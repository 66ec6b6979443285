-- ===== src/Status/Send.antt =====
-- The events of ipc_send_output_state (include/mono/ipc.h) and the lines of status_emit (src/main.c).
-- An event is sent on the resource of one dwl-ipc output.
use monowm.Base.{
  ℕ, zero, suc, ◌^◌, Bool, false, Option, none, some, List, [], ◌∷◌, ◌++◌, if◌then◌else◌, leb,
  bit_or, shares,
}
use monowm.Wm.State.{
  Client, Monitor, Server, Layout, floating, dwindle_layout, layout, tagset, opt_eq, tagcount,
}
use monowm.Wm.Tags.{client_at}
use monowm.Status.Collect.{MonitorStatus}

-- Texts that the code asks of a window or keeps with an output: title, appid, the name of the
-- output and its layout symbol.
pub record Texts : Type 0 where
  pub client_get_title : ℕ → List ℕ
  pub client_get_appid : ℕ → List ℕ
  pub output_name : ℕ → List ℕ
  pub ltsymbol : ℕ → List ℕ

pub data IpcEvent : Type 0 where
  active fullscreen floats : Bool → IpcEvent
  tag_state : ℕ → ℕ → ℕ → Bool → IpcEvent
  layout_index : ℕ → IpcEvent
  layout_symbol title appid : List ℕ → IpcEvent
  frame : IpcEvent

-- ZDWL_IPC_OUTPUT_V2_TAG_STATE_ACTIVE and ZDWL_IPC_OUTPUT_V2_TAG_STATE_URGENT.
abbrev pub state_active : ℕ
state_active = 1

abbrev pub state_urgent : ℕ
state_urgent = 2

abbrev pub state_of : Bool → Bool → ℕ
state_of shown urg = bit_or (if shown then state_active else 0) (if urg then state_urgent else 0)

unfoldable pub send_tag : Monitor → MonitorStatus → ℕ → IpcEvent
send_tag m st i =
    tag_state i (state_of (shares (tagset m) (2 ^ i)) (shares st.urgent (2 ^ i))) (st.counts i)
      (shares st.selected (2 ^ i))

-- The loop over the tags, by the rounds that are left.
unfoldable pub send_tags : ℕ → ℕ → Monitor → MonitorStatus → List IpcEvent
unfolding send_tag
send_tags zero i m st = []
send_tags (suc n) i m st = send_tag m st i ∷ send_tags n (suc i) m st

abbrev pub layout_idx : Layout → ℕ
layout_idx floating = 0
layout_idx dwindle_layout = 1

-- The last events, which tell of the focused window; two of them only from version 2 on.
abbrev pub send_focused : Texts → ℕ → Option Client → List IpcEvent
send_focused T version none =
    title [] ∷ appid [] ∷ (if leb 2 version then fullscreen false ∷ floats false ∷ [] else [])
send_focused T version (some c) =
    title (T.client_get_title c.id)
    ∷ appid (T.client_get_appid c.id)
    ∷ (if leb 2 version then fullscreen c.isfullscreen ∷ floats c.isfloating ∷ [] else [])

unfoldable pub ipc_send_output_state : Texts → ℕ → Server → MonitorStatus → Monitor → List IpcEvent
unfolding send_tags
ipc_send_output_state T version s st m =
    active (opt_eq s.selmon m.id)
    ∷ (send_tags tagcount 0 m st
        ++ (layout_index (layout_idx (layout m))
            ∷ layout_symbol (T.ltsymbol m.id)
            ∷ (send_focused T version (client_at s st.focused) ++ (frame ∷ []))))

-- A line of text on standard output: the name of the output, a word, and what follows it. `none`
-- is a line that ends after the word.
pub data Line : Type 0 where
  title_line appid_line : List ℕ → Option (List ℕ) → Line
  fullscreen_line floating_line : List ℕ → Option Bool → Line
  selmon_line : List ℕ → Bool → Line
  tags_line : List ℕ → ℕ → ℕ → ℕ → ℕ → Line
  layout_line : List ℕ → List ℕ → Line

abbrev pub focused_lines : Texts → List ℕ → Option Client → List Line
focused_lines T name none =
    title_line name none
    ∷ appid_line name none
    ∷ fullscreen_line name none
    ∷ floating_line name none
    ∷ []
focused_lines T name (some c) =
    title_line name (some (T.client_get_title c.id))
    ∷ appid_line name (some (T.client_get_appid c.id))
    ∷ fullscreen_line name (some c.isfullscreen)
    ∷ floating_line name (some c.isfloating)
    ∷ []

-- The lines of one output.
unfoldable pub status_lines : Texts → Server → MonitorStatus → Monitor → List Line
status_lines T s st m =
    let name = T.output_name m.id in
    focused_lines T name (client_at s st.focused)
    ++ (selmon_line name (opt_eq s.selmon m.id)
        ∷ tags_line name st.occupied (tagset m) st.selected st.urgent
        ∷ layout_line name (T.ltsymbol m.id)
        ∷ [])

To do
Print out the whole of the material above exactly as it stands.

Answer section
repository 66ec6b6979443285
-- ===== src/Status/Send.antt =====
-- The events of ipc_send_output_state (include/mono/ipc.h) and the lines of status_emit (src/main.c).
-- An event is sent on the resource of one dwl-ipc output.
use monowm.Base.{
  ℕ, zero, suc, ◌^◌, Bool, false, Option, none, some, List, [], ◌∷◌, ◌++◌, if◌then◌else◌, leb,
  bit_or, shares,
}
use monowm.Wm.State.{
  Client, Monitor, Server, Layout, floating, dwindle_layout, layout, tagset, opt_eq, tagcount,
}
use monowm.Wm.Tags.{client_at}
use monowm.Status.Collect.{MonitorStatus}

-- Texts that the code asks of a window or keeps with an output: title, appid, the name of the
-- output and its layout symbol.
pub record Texts : Type 0 where
  pub client_get_title : ℕ → List ℕ
  pub client_get_appid : ℕ → List ℕ
  pub output_name : ℕ → List ℕ
  pub ltsymbol : ℕ → List ℕ

pub data IpcEvent : Type 0 where
  active fullscreen floats : Bool → IpcEvent
  tag_state : ℕ → ℕ → ℕ → Bool → IpcEvent
  layout_index : ℕ → IpcEvent
  layout_symbol title appid : List ℕ → IpcEvent
  frame : IpcEvent

-- ZDWL_IPC_OUTPUT_V2_TAG_STATE_ACTIVE and ZDWL_IPC_OUTPUT_V2_TAG_STATE_URGENT.
abbrev pub state_active : ℕ
state_active = 1

abbrev pub state_urgent : ℕ
state_urgent = 2

abbrev pub state_of : Bool → Bool → ℕ
state_of shown urg = bit_or (if shown then state_active else 0) (if urg then state_urgent else 0)

unfoldable pub send_tag : Monitor → MonitorStatus → ℕ → IpcEvent
send_tag m st i =
    tag_state i (state_of (shares (tagset m) (2 ^ i)) (shares st.urgent (2 ^ i))) (st.counts i)
      (shares st.selected (2 ^ i))

-- The loop over the tags, by the rounds that are left.
unfoldable pub send_tags : ℕ → ℕ → Monitor → MonitorStatus → List IpcEvent
unfolding send_tag
send_tags zero i m st = []
send_tags (suc n) i m st = send_tag m st i ∷ send_tags n (suc i) m st

abbrev pub layout_idx : Layout → ℕ
layout_idx floating = 0
layout_idx dwindle_layout = 1

-- The last events, which tell of the focused window; two of them only from version 2 on.
abbrev pub send_focused : Texts → ℕ → Option Client → List IpcEvent
send_focused T version none =
    title [] ∷ appid [] ∷ (if leb 2 version then fullscreen false ∷ floats false ∷ [] else [])
send_focused T version (some c) =
    title (T.client_get_title c.id)
    ∷ appid (T.client_get_appid c.id)
    ∷ (if leb 2 version then fullscreen c.isfullscreen ∷ floats c.isfloating ∷ [] else [])

unfoldable pub ipc_send_output_state : Texts → ℕ → Server → MonitorStatus → Monitor → List IpcEvent
unfolding send_tags
ipc_send_output_state T version s st m =
    active (opt_eq s.selmon m.id)
    ∷ (send_tags tagcount 0 m st
        ++ (layout_index (layout_idx (layout m))
            ∷ layout_symbol (T.ltsymbol m.id)
            ∷ (send_focused T version (client_at s st.focused) ++ (frame ∷ []))))

-- A line of text on standard output: the name of the output, a word, and what follows it. `none`
-- is a line that ends after the word.
pub data Line : Type 0 where
  title_line appid_line : List ℕ → Option (List ℕ) → Line
  fullscreen_line floating_line : List ℕ → Option Bool → Line
  selmon_line : List ℕ → Bool → Line
  tags_line : List ℕ → ℕ → ℕ → ℕ → ℕ → Line
  layout_line : List ℕ → List ℕ → Line

abbrev pub focused_lines : Texts → List ℕ → Option Client → List Line
focused_lines T name none =
    title_line name none
    ∷ appid_line name none
    ∷ fullscreen_line name none
    ∷ floating_line name none
    ∷ []
focused_lines T name (some c) =
    title_line name (some (T.client_get_title c.id))
    ∷ appid_line name (some (T.client_get_appid c.id))
    ∷ fullscreen_line name (some c.isfullscreen)
    ∷ floating_line name (some c.isfloating)
    ∷ []

-- The lines of one output.
unfoldable pub status_lines : Texts → Server → MonitorStatus → Monitor → List Line
status_lines T s st m =
    let name = T.output_name m.id in
    focused_lines T name (client_at s st.focused)
    ++ (selmon_line name (opt_eq s.selmon m.id)
        ∷ tags_line name st.occupied (tagset m) st.selected st.urgent
        ∷ layout_line name (T.ltsymbol m.id)
        ∷ [])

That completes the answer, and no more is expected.